Hey I am ready for anything that fits my Ga16de the hotshot kit will fit but I need to fabricate an intercooler tube.Itll be about a year until I purchase it though. But if these guys you speak of make a better kit thats fits great and I could install myself I would be more than obliged to purchase it regardless of price.Maybe you should move this thread to the Ga16De forum under the Sentra,NX models you would get a helluva response Im sure.PM me with the word these guys give you.I am definetly interested in getting power any way possible


----------



## 200SXSE (Jun 22, 2002)

If the company can make a kit on par with Hotshot for a competitive price, Im sure there will be a lot of people interested.


----------



## UnderDog (Jul 14, 2002)

And in the grand nature of capitalism if someone can make a kit that competes with hotshot it would bring the price of the hotshot kit down a bit. 3.7 G's is a pretty hefty price, I don't care how good it is.


----------



## javierb14 (Jul 9, 2002)

for 3.7 G's u get a lot.

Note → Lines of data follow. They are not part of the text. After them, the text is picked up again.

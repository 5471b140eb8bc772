-- ===== src/Bsf/Once.antt =====
-- Each retrieval is answered once, until the library needs the cache after a binding was cached.
use rt_5gc_service_consumers.Common.{ℕ, ◌+◌, true, List, [], ◌∷◌, ◌++◌, Str, ok, fault, ◌≡◌, ◌≢◌}
use rt_5gc_service_consumers.Bsf.{Context}
use rt_5gc_service_consumers.Bsf.Counts.{Event, run, asked, settled}
use rt_5gc_service_consumers.Bsf.Steps.{needs_cache}

module _ {Binding : Type 0} (hash : Str → ℕ) where
  -- The events run without a fault, and for each user data the calls of callbacks and the retrievals
  -- that wait have grown together by the retrievals made.
  abbrev pub Settles : List (Event Binding) → Context Binding → Context Binding → Type 0
  Settles es c v = (run hash es c ≡ ok v) × ((d : ℕ) → settled d v ≡ settled d c + asked d es)

  -- The event that needs a cache which is not empty, and those before it, which settle.
  pub record Breaks (es : List (Event Binding)) (c : Context Binding) : Type 0 where
    pub before : List (Event Binding)
    pub event : Event Binding
    pub after : List (Event Binding)
    pub reached : Context Binding
    pub in_order : es ≡ before ++ event ∷ after
    pub settles : Settles before c reached
    pub cached : reached.pcf_bindings_cache ≢ []
    pub needs : needs_cache event reached ≡ true
    pub faults : run hash es c ≡ fault
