-- ===== src/Bsf/Examples.antt =====
-- Retrievals of bindings that are numbers, with a hash function that sends all keys to one bucket.
use rt_5gc_service_consumers.Common.{true, ℕ, List, [], ◌∷◌, none, some, Str, ok, fault, ◌≡◌, refl}
use rt_5gc_service_consumers.Bsf.{
  Context, inet, inet6, retrieve_pcf_binding_for_pdu_session, process_pcf_bindings,
  process_client_wait,
}
use rt_5gc_service_consumers.Bsf.Counts.{Event, retrieve, pcf_bindings, client_wait, run}

abbrev idle : Context ℕ
idle = record { pcf_bindings_cache = []; active_sessions_list = []; calls = []; queries = [] }

abbrev one_bucket : Str → ℕ
one_bucket k = 0

-- Two retrievals, the timeout of the first and the binding for the second, then a third.
abbrev events : List (Event ℕ)
events =
    retrieve 10 100 inet (1 ∷ []) (some 3) 8
    ∷ retrieve 11 101 inet6 (2 ∷ []) (some 3) 9
    ∷ client_wait 100
    ∷ pcf_bindings 101 (record { status = 200; expires = 90; parsed = some (some 7) })
    ∷ []

abbrev third : Event ℕ
third = retrieve 13 102 inet (2 ∷ []) (some 4) 9

events-calls :
    run one_bucket events idle
    ≡ ok (record {
      pcf_bindings_cache =
          record { key = 2 ∷ []; owner = 101; key_freed = true; pcf_binding = some 7; expires = 90 }
          ∷ [];
      active_sessions_list = [];
      calls =
          record { function = 3; binding = none; data_of_user = 8 }
          ∷ record { function = 3; binding = some 7; data_of_user = 9 }
          ∷ [];
      queries = 100 ∷ 101 ∷ [];
    })
unfolding retrieve_pcf_binding_for_pdu_session process_pcf_bindings process_client_wait
events-calls = refl

third-fault :
    run one_bucket
      (retrieve 10 100 inet (2 ∷ []) (some 3) 8
        ∷ pcf_bindings 100 (record { status = 200; expires = 90; parsed = some (some 7) })
        ∷ third
        ∷ [])
      idle
    ≡ fault
unfolding retrieve_pcf_binding_for_pdu_session process_pcf_bindings
third-fault = refl
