-- ===== src/Callback.antt =====
-- The result codes of libogscore and the calls of application callbacks, as the handlers make them.
use rt_5gc_service_consumers.Common.{ℕ, Bool, Option, none, some, List, [], ◌∷◌}

pub data ResultCode : Type 0 where
  ogs_ok ogs_error ogs_done ogs_etimedout : ResultCode

-- `callback(object, result, problem_details, callback_data)`: the object by its address, and
-- whether the details of a problem are passed.
pub record Call : Type 0 where
  pub function : ℕ
  pub object : ℕ
  pub result : ResultCode
  pub problem_details : Bool
  pub callback_data : ℕ

-- `if (x->callback) x->callback(x, result, problem_details, x->callback_data)`
unfoldable pub notify : Option ℕ → ℕ → ResultCode → Bool → ℕ → List Call
notify none object result problem_details callback_data = []
notify (some f) object result problem_details callback_data =
    record {
      function = f;
      object = object;
      result = result;
      problem_details = problem_details;
      callback_data = callback_data;
    }
    ∷ []
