-- ===== src/JsonPatch/Examples.antt =====
-- Tests of the patch items, and the theorems at concrete patches.
use rt_5gc_service_consumers.Common.{List, [], ◌∷◌, none, some, bytes, ok, ◌≡◌, refl, false, str_eq}
use rt_5gc_service_consumers.JsonPatch.{Json, Operation, PatchItem, json_patches_append_list, made}
use rt_5gc_service_consumers.JsonPatch.Rfc6902.{apply, then_apply}
use rt_5gc_service_consumers.JsonPatch.Prefix.{apply_local, json_patches_append_list-apply}

abbrev whole : List PatchItem
whole =
    record {
      op = Operation.add;
      path = some (bytes "/");
      from = none;
      is_value_null = false;
      value = some (Json.string []);
    }
    ∷ []

abbrev removal : List PatchItem
removal =
    record {
      op = Operation.remove;
      path = some (bytes "/");
      from = none;
      is_value_null = false;
      value = none;
    }
    ∷ []

abbrev prefixed : List PatchItem
prefixed =
    record {
      op = Operation.add;
      path = some (bytes "/ids");
      from = none;
      is_value_null = false;
      value = some (Json.string []);
    }
    ∷ []

appended : json_patches_append_list none (some whole) (some (bytes "/ids")) ≡ ok (some prefixed)
unfolding json_patches_append_list str_eq
appended = refl

json_patches_append_list-apply_example :
    apply (bytes "/ids") prefixed none
    ≡ then_apply (apply_local whole) (apply (bytes "/ids") (made none) none)
json_patches_append_list-apply_example =
    json_patches_append_list-apply none whole prefixed (bytes "/ids") none appended
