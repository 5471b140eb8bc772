-- ===== src/JsonPatch/Joined.antt =====
-- A patch that is put together from the patches below several members.
use rt_5gc_service_consumers.Common.{
  Bool, true, false, ◌&&◌, ◌||◌, List, [], ◌∷◌, ◌++◌, Str, str_eq, str_eq_iff, ◌==◌, if◌then◌else◌,
  Bool-cases, inl, inr, ◌≡◌, refl, ap, ◌∙◌, arith,
}
use rt_5gc_service_consumers.JsonPatch.{PatchItem}
use rt_5gc_service_consumers.JsonPatch.Rfc6902.{strip}
use rt_5gc_service_consumers.JsonPatch.Below.{
  Apart, Belong, items_below, items_below-append, items_below-Belong, items_below-Apart,
}

-- Two paths that differ in some byte.
abbrev pub differ : Str → Str → Bool
differ [] q = false
differ (c ∷ p) [] = false
differ (c ∷ p) (d ∷ q) = if c == d then differ p q else true

differ-Apart : (p q : Str) → differ p q ≡ true → Apart p q
unfolding strip
differ-Apart [] q h s = cc
differ-Apart (c ∷ p) [] h s = cc
differ-Apart (c ∷ p) (d ∷ q) h s = elim (Bool-cases (c == d)) [
  | inl e ↦ ground (arith, e, h, differ-Apart p q (ground (arith, e, h)) s)
  | inr e ↦ ground (arith, e)
]

abbrev pub joined : List (Str × List PatchItem) → List PatchItem
joined [] = []
joined (p ∷ ps) = p.1 ++ joined ps

abbrev pub AllBelong : List (Str × List PatchItem) → Type 0
AllBelong [] = Unit {0}
AllBelong (p ∷ ps) = Belong p.0 p.1 × AllBelong ps

-- Each path is the given one or differs from it in some byte.
abbrev pub told_apart : Str → List (Str × List PatchItem) → Bool
told_apart m [] = true
told_apart m (p ∷ ps) = (str_eq m p.0 || differ m p.0) && told_apart m ps

abbrev pub select : Str → List (Str × List PatchItem) → List PatchItem
select m [] = []
select m (p ∷ ps) = if str_eq m p.0 then p.1 ++ select m ps else select m ps

pub joined-select :
    (m : Str) (ps : List (Str × List PatchItem))
    → AllBelong ps
    → told_apart m ps ≡ true
    → items_below m (joined ps) ≡ select m ps
joined-select m [] b h = refl
joined-select m (p ∷ ps) (b, bs) h =
    items_below-append m p.1 (joined ps) ∙ elim (Bool-cases (str_eq m p.0)) [
      | inl e ↦
          let same : p.0 ≡ m = ground (arith, e, str_eq_iff m p.0) in
          let own : Belong m p.1 = rw same at b in
          rw (e, items_below-Belong m p.1 own)
            (ap (λ l. p.1 ++ l) (joined-select m ps bs (ground (arith, h))))
      | inr e ↦
          let other = differ-Apart m p.0 (ground (arith, h, e)) in
          rw (e, items_below-Apart m p.0 p.1 other b) (joined-select m ps bs (ground (arith, h)))
    ]
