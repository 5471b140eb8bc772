-- ===== src/MbsFsaId.antt =====
-- lib/mb-smf-service-consumer/mbs-fsa-id.c: the MBS Frequency Selection Area ids of a session.
-- A pointer is an address or NULL (`none`). A `Store` says what the addresses hold, so two equal
-- pointers are the same object. A list is the sequence of the addresses of its nodes.
pub mod Equal
pub mod PatchList
pub mod ToOpenapi
pub mod Copy
pub mod Copied
mod Examples
use rt_5gc_service_consumers.Common.{
  ℕ, zero, suc, ◌+◌, Bool, true, false, List, [], ◌∷◌, ◌++◌, map, Option, none, some, Str, bytes,
  decimal, uint32_to_hex_str, ◌==◌, if◌then◌else◌, length, Run, ok, fault,
}
use rt_5gc_service_consumers.JsonPatch.{
  Json, PatchItem, Operation, json_patch_new, index_path, if_any, to_items,
}

abbrev pub Ptr : Type 0
Ptr = ℕ

pub record Store : Type 0 where
  pub fsa_id : Ptr → ℕ  -- `uint32_t id` of the object
  pub list : Ptr → List Ptr

-- `a == b` on pointers
abbrev pub same : Option Ptr → Option Ptr → Bool
same none none = true
same (some a) (some b) = a == b
same _ _ = false

abbrev pub fsa_id_equal_set : Store → Option Ptr → Option Ptr → Bool
fsa_id_equal_set s (some a) (some b) = s.fsa_id a == s.fsa_id b
fsa_id_equal_set s _ _ = false

unfoldable pub mbs_fsa_id_equal : Store → Option Ptr → Option Ptr → Bool
mbs_fsa_id_equal s a b = if same a b then true else fsa_id_equal_set s a b

-- `while (one && two)`
all_equal : Store → List Ptr → List Ptr → Bool
unfolding mbs_fsa_id_equal
all_equal s (one ∷ a) (two ∷ b) =
    let rest = all_equal s a b in if mbs_fsa_id_equal s (some one) (some two) then rest else false
all_equal s _ _ = true

lists_equal : Store → Option Ptr → Option Ptr → Bool
unfolding all_equal
lists_equal s (some a) (some b) =
    if length (s.list a) == length (s.list b) then all_equal s (s.list a) (s.list b) else false
lists_equal s _ _ = false

unfoldable pub mbs_fsa_ids_equal : Store → Option Ptr → Option Ptr → Bool
unfolding lists_equal
mbs_fsa_ids_equal s a b = if same a b then true else lists_equal s a b

unfoldable pub mbs_fsa_id_to_openapi : Store → Option Ptr → Option Str
mbs_fsa_id_to_openapi s none = none
mbs_fsa_id_to_openapi s (some a) = some (uint32_to_hex_str (s.fsa_id a) 6 6)

-- `cJSON_CreateString` of what `_mbs_fsa_id_to_openapi` gives for an object.
unfoldable pub mbs_fsa_id_to_json : Store → Ptr → Json
mbs_fsa_id_to_json s a = Json.string (uint32_to_hex_str (s.fsa_id a) 6 6)

unfoldable pub mbs_fsa_ids_to_openapi : Store → Option Ptr → Option (List (Option Str))
unfolding mbs_fsa_id_to_openapi
mbs_fsa_ids_to_openapi s none = none
mbs_fsa_ids_to_openapi s (some l) = some (map (λ a. mbs_fsa_id_to_openapi s (some a)) (s.list l))

unfoldable pub mbs_fsa_ids_to_json : Store → Option Ptr → Option Json
mbs_fsa_ids_to_json s none = none
mbs_fsa_ids_to_json s (some l) =
    some (Json.array (to_items (map (mbs_fsa_id_to_json s) (s.list l))))

-- The patch of one round, where neither list is at its end.
changed : Store → ℕ → Ptr → Ptr → List PatchItem
unfolding mbs_fsa_id_equal
changed s idx a b =
    if mbs_fsa_id_equal s (some a) (some b)
    then []
    else json_patch_new Operation.replace (index_path idx) (some (mbs_fsa_id_to_json s b)) ∷ []

-- `while (a_fsa_id || b_fsa_id)`. A removal leaves the index where it is.
patch_loop : Store → ℕ → List Ptr → List Ptr → List PatchItem
unfolding changed
patch_loop s idx [] [] = []
patch_loop s idx [] (b ∷ bs) =
    json_patch_new Operation.add (index_path idx) (some (mbs_fsa_id_to_json s b))
    ∷ patch_loop s (idx + 1) [] bs
patch_loop s idx (a ∷ more) [] =
    json_patch_new Operation.remove (index_path idx) none ∷ patch_loop s idx more []
patch_loop s idx (a ∷ more) (b ∷ bs) = changed s idx a b ++ patch_loop s (idx + 1) more bs

-- An empty list is taken for NULL.
unfoldable pub not_empty : Store → Option Ptr → Option Ptr
not_empty s none = none
not_empty s (some l) = if length (s.list l) == 0 then none else some l

patch_list : Store → Option Ptr → Option Ptr → Option (List PatchItem)
unfolding patch_loop mbs_fsa_ids_to_json
patch_list s none none = none
patch_list s none (some b) =
    some (json_patch_new Operation.add (bytes "/") (mbs_fsa_ids_to_json s (some b)) ∷ [])
patch_list s (some a) none = some (json_patch_new Operation.remove (bytes "/") none ∷ [])
patch_list s (some a) (some b) =
    if a == b then none else if_any (patch_loop s 0 (s.list a) (s.list b))

unfoldable pub mbs_fsa_ids_patch_list : Store → Option Ptr → Option Ptr → Option (List PatchItem)
unfolding patch_list not_empty
mbs_fsa_ids_patch_list s a b = patch_list s (not_empty s a) (not_empty s b)

id_patch_list : Store → Option Ptr → Option Ptr → Option (List PatchItem)
id_patch_list s none none = none
id_patch_list s none (some b) =
    some (json_patch_new Operation.add (bytes "/") (some (mbs_fsa_id_to_json s b)) ∷ [])
id_patch_list s (some a) none = some (json_patch_new Operation.remove (bytes "/") none ∷ [])
id_patch_list s (some a) (some b) =
    if s.fsa_id a == s.fsa_id b
    then none
    else some (json_patch_new Operation.replace (bytes "/") (some (mbs_fsa_id_to_json s b)) ∷ [])

unfoldable pub mbs_fsa_id_patch_list : Store → Option Ptr → Option Ptr → Option (List PatchItem)
unfolding id_patch_list
mbs_fsa_id_patch_list s a b = if same a b then none else id_patch_list s a b
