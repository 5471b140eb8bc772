-- ===== src/MbsFsaId/Copy.antt =====
-- mbs-fsa-id.c: making, freeing and copying area ids. A heap says which addresses are objects; to
-- read or to free one that is not is a fault. `calloc` gives the address `fresh`.
use rt_5gc_service_consumers.Common.{
  ℕ, ◌+◌, Bool, true, false, List, [], ◌∷◌, ◌++◌, Option, none, some, ◌==◌, if◌then◌else◌, Run, ok,
  fault, ◌>>=◌,
}

pub record Heap : Type 0 where
  pub live : ℕ → Bool
  pub id : ℕ → ℕ
  pub fresh : ℕ

abbrev pub set {ℓ} : {A : Type ℓ} → ℕ → A → (ℕ → A) → ℕ → A
set a v f b = if b == a then v else f b

unfoldable pub mbs_fsa_id_new : Heap → Heap × ℕ
mbs_fsa_id_new h = (
  record { live = set h.fresh true h.live; id = set h.fresh 0 h.id; fresh = h.fresh + 1 },
  h.fresh,
)

unfoldable pub mbs_fsa_id_free : Option ℕ → Heap → Run Heap
mbs_fsa_id_free none h = ok h
mbs_fsa_id_free (some a) h = if h.live a then ok (record h { live = set a false h.live }) else fault

-- `fsa_id->id = id`
unfoldable pub set_fsa_id : ℕ → ℕ → Heap → Run Heap
set_fsa_id a id h = if h.live a then ok (record h { id = set a id h.id }) else fault

unfoldable pub get_id : ℕ → Heap → Run ℕ
get_id a h = if h.live a then ok (h.id a) else fault

unfoldable pub mbs_fsa_id_clear : Option ℕ → Heap → Run Heap
unfolding set_fsa_id
mbs_fsa_id_clear none h = ok h
mbs_fsa_id_clear (some a) h = set_fsa_id a 0 h

-- Where a copy goes: what is there is cleared, and NULL is replaced by a new object.
unfoldable pub fsa_id_destination : Option ℕ → Heap → Run (Heap × ℕ)
unfolding mbs_fsa_id_new mbs_fsa_id_clear
fsa_id_destination none h = ok (mbs_fsa_id_new h)
fsa_id_destination (some a) h = do cleared ← mbs_fsa_id_clear (some a) h; ok (cleared, a)

unfoldable pub mbs_fsa_id_copy : Option ℕ → Option ℕ → Heap → Run (Heap × Option ℕ)
unfolding mbs_fsa_id_free fsa_id_destination get_id set_fsa_id
mbs_fsa_id_copy dst none h = do freed ← mbs_fsa_id_free dst h; ok (freed, none)
mbs_fsa_id_copy dst (some src) h = do
  to ← fsa_id_destination dst h
  id ← get_id src to.0
  set_to ← set_fsa_id to.1 id to.0
  ok (set_to, some to.1)

-- Each object is unlinked and freed.
unfoldable pub mbs_fsa_ids_clear : List ℕ → Heap → Run Heap
unfolding mbs_fsa_id_free
mbs_fsa_ids_clear [] h = ok h
mbs_fsa_ids_clear (x ∷ l) h = do freed ← mbs_fsa_id_free (some x) h; mbs_fsa_ids_clear l freed

abbrev add : List ℕ → Option ℕ → List ℕ
add l none = l
add l (some a) = l ++ a ∷ []

unfoldable pub copy_each : List ℕ → List ℕ → Heap → Run (Heap × List ℕ)
unfolding mbs_fsa_id_copy
copy_each dst [] h = ok (h, dst)
copy_each dst (x ∷ src) h = do
  copy ← mbs_fsa_id_copy none (some x) h
  copy_each (add dst copy.1) src copy.0

-- The list that `dst` is then.
unfoldable pub mbs_fsa_ids_copy : List ℕ → List ℕ → Heap → Run (Heap × List ℕ)
unfolding mbs_fsa_ids_clear copy_each
mbs_fsa_ids_copy dst src h = do cleared ← mbs_fsa_ids_clear dst h; copy_each [] src cleared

HS's manifold for instance has :CNC'd machined flanges, stainless steel, mandrel bends, and TIG welding (these are things u should look for in a turbo manis).....not to mention the R&D behind the kit. im not saying they cant do work that's just as nice, its just not that easy.


----------



## go4broke44 (Jan 14, 2003)

yeah but poor broke people like me who want a fast car cant afford 3.7g's when they still owe 2 g's on the car


----------



## scrappy (Jun 30, 2002)

im in


----------



## holy200sx (Jan 8, 2003)

tcn311 said:


> *im down *


----------



## LIUSPEED (May 29, 2002)

you got my attention..

see if they will make low compression pistons for us as well. .maybe give us a better chance of a lil higher boost.


----------



## Blu200SX (Jul 22, 2002)

are there any lower compression pistons on the market for our rides?


----------



## turbotommy (May 28, 2003)

i have the same question


----------



## sliverstar (Feb 20, 2003)

Try motivational engineering I don't know if they gave that idea up though umm.. and please try to keep just to the turbo kit thanx


----------



## ReVerm (Jan 13, 2003)

Put me in too.


----------



## PatScottAKA99XE (Apr 30, 2002)

Ill bite.


----------



## dfalcon02 (Apr 9, 2003)

i'm interested too. Hotshot needs some kind of competition to bring the price down. I hope this company can make a dependable turbo...


----------



## sliverstar (Feb 20, 2003)

I hope that I get more response to this and they are helping me turbocharge my 1.6 which is hopefully done soon.


----------



## holy200sx (Jan 8, 2003)

dfalcon02 said:


> *i'm interested too. Hotshot needs some kind of competition to bring the price down. I hope this company can make a dependable turbo... *


Kit, meaning, cast iron manifold, and garrett turbo, nice FMIC, and piping, bOV and wastegate.. oil and water lines, and fittings, and oil pan bung.. 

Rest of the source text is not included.